The Model Merger Agreement also includes three other model agreements with detailed commentary: a confidentiality agreement, an exclusivity agreement, and a voting agreement. Not only does the commentary discuss how these agreements are negotiated, but the discussion includes a number of practical applications that will allow these agreements to be tailored to specific circumstances. For example, the model confidentiality agreement talks about the different approaches the parties might take when information is shared by both parties—either doing a single mutual confidentiality agreement or having two one-way agreements, each of which covers a particular party's sharing of confidential information. The commentary also notes the relevance of Regulation FD to the confidentiality agreement and has a detailed discussion regarding the negotiation of standstill provisions in the context of the confidentiality agreement. With respect to the model exclusivity agreement, there is a detailed discussion regarding the important issues to be considered by both parties in entering into such an agreement (such as fiduciary exceptions and the need for board approval) as well as a discussion of recent Delaware cases involving exclusivity agreements. The commentary accompanying the model shareholder voting agreement identifies a number of important issues that a buyer should consider in negotiating such an agreement, tackling everything from avoiding the triggering of Delaware's antitakeover statute section 203, to the impact of gun-jumping and proxy solicitation issues, to Exchange Act section 13(d) implications.

The Model Merger Agreement includes a CD-Rom with the full text of each of the model agreements: the merger agreement; the confidentiality agreement; the exclusivity agreement; and the shareholder voting agreement. This feature will be very helpful to a draftsperson who wants to utilize particular portions of the model agreements without the hassle of retyping them.

The Mergers and Acquisitions Committee is to be applauded for their perseverance over the last 17 years to develop a truly working model of a merger agreement with practical applications that are discussed in detail in the commentary. Even seasoned M&A professionals will learn something from the commentary, which provides useful references to case law, as appropriate. While focus of much of the commentary is on Delaware law, and the Delaware Bar has been actively engaged in explaining the operation of various provisions of the Model Agreement, differences in other state's laws are identified, such as in the discussion of the case law regarding the operation of material adverse change clauses.

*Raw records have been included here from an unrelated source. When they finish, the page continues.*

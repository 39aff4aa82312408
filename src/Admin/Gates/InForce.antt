-- ===== src/Admin/Gates/InForce.antt =====
-- What is configured stays in force over requests to the admin page that come one after the other.
use in_proxy.Common.{ℕ, sym, subst, inl, inr, List, [], ◌∷◌, map}
use in_proxy.Store.{Io, written}
use in_proxy.Process.{Process}
use in_proxy.Process.Follows.{Follows, perform-Follows}
use in_proxy.Process.InForce.{IsInForce, Follows-IsInForce}
use in_proxy.Admin.{Request, Setup}
use in_proxy.Admin.Handlers.{handle}
use in_proxy.Admin.Gates.{handle-authorized}

module _ {Network Address : Type 0} (setup : Setup Network Address) where
  -- Requests of which each begins when the one before it has ended, with the time of each and what the
  -- file system does with a write. (net/http serves requests at the same time, too: their edits and
  -- the calls of the listeners then interleave as in Process/Races.)
  pub handle_in_turn : List (Io × ℕ × Request) → Process → Process
  handle_in_turn [] p = p
  handle_in_turn ((io, now, req) ∷ reqs) p = handle_in_turn reqs (handle setup io now req p).1

  handle-Follows :
      (now : ℕ) (req : Request) (p : Process)
      → Follows setup.world p
      → Follows setup.world (handle setup written now req p).1
  handle-Follows now req p f = elim (handle-authorized setup written now req p) [
    | inl same ↦ subst (Follows setup.world) (sym same) f
    | inr (edit, allowed, valid, sent, form, done) ↦
        subst (Follows setup.world) (sym done) (perform-Follows setup.world edit p f)
  ]

  handle_in_turn-Follows :
      (reqs : List (ℕ × Request)) (p : Process)
      → Follows setup.world p
      → Follows setup.world (handle_in_turn (map (λ (r : ℕ × Request). (written, r.0, r.1)) reqs) p)
  unfolding handle_in_turn
  handle_in_turn-Follows [] p f = f
  handle_in_turn-Follows ((now, req) ∷ reqs) p f =
      handle_in_turn-Follows reqs (handle setup written now req p).1 (handle-Follows now req p f)

  pub handle_in_turn-IsInForce :
      (reqs : List (ℕ × Request)) (p : Process)
      → Follows setup.world p
      → IsInForce setup.world
          (handle_in_turn (map (λ (r : ℕ × Request). (written, r.0, r.1)) reqs) p)
  handle_in_turn-IsInForce reqs p f =
      Follows-IsInForce setup.world
        (handle_in_turn (map (λ (r : ℕ × Request). (written, r.0, r.1)) reqs) p)
        (handle_in_turn-Follows reqs p f)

All-in-all, The Model Merger Agreement is an excellent contribution to the M&A practice landscape. The Mergers and Acquisitions Committee has accurately captured many of the practical aspects of negotiating public company merger agreements. This publication will educate countless corporate lawyers so that they can better counsel their clients on the ins-and-outs of public company acquisition transactions. It will also be a great teaching tool for law school classes that seek to impart practical advice to soon-to-be lawyers. My only hope is that this can be a dynamic work that is supplemented as the case law develops and merger agreement provisions adapt to changes in the regulatory landscape and deal practice.

David A. Katz

David A. Katz is a partner at Wachtell, Lipton, Rosen & Katz in New York City and an adjunct professor at the New York University School of Law and Vanderbilt Law School. By way of disclosure, the author sat in on several drafting sessions during the book project and contributed his thoughts to the issues being addressed at those meetings, although he did not do any drafting on the project and was also not a member of the Editorial Board. The views expressed here are the author's and do not represent the views of his partners or his firm.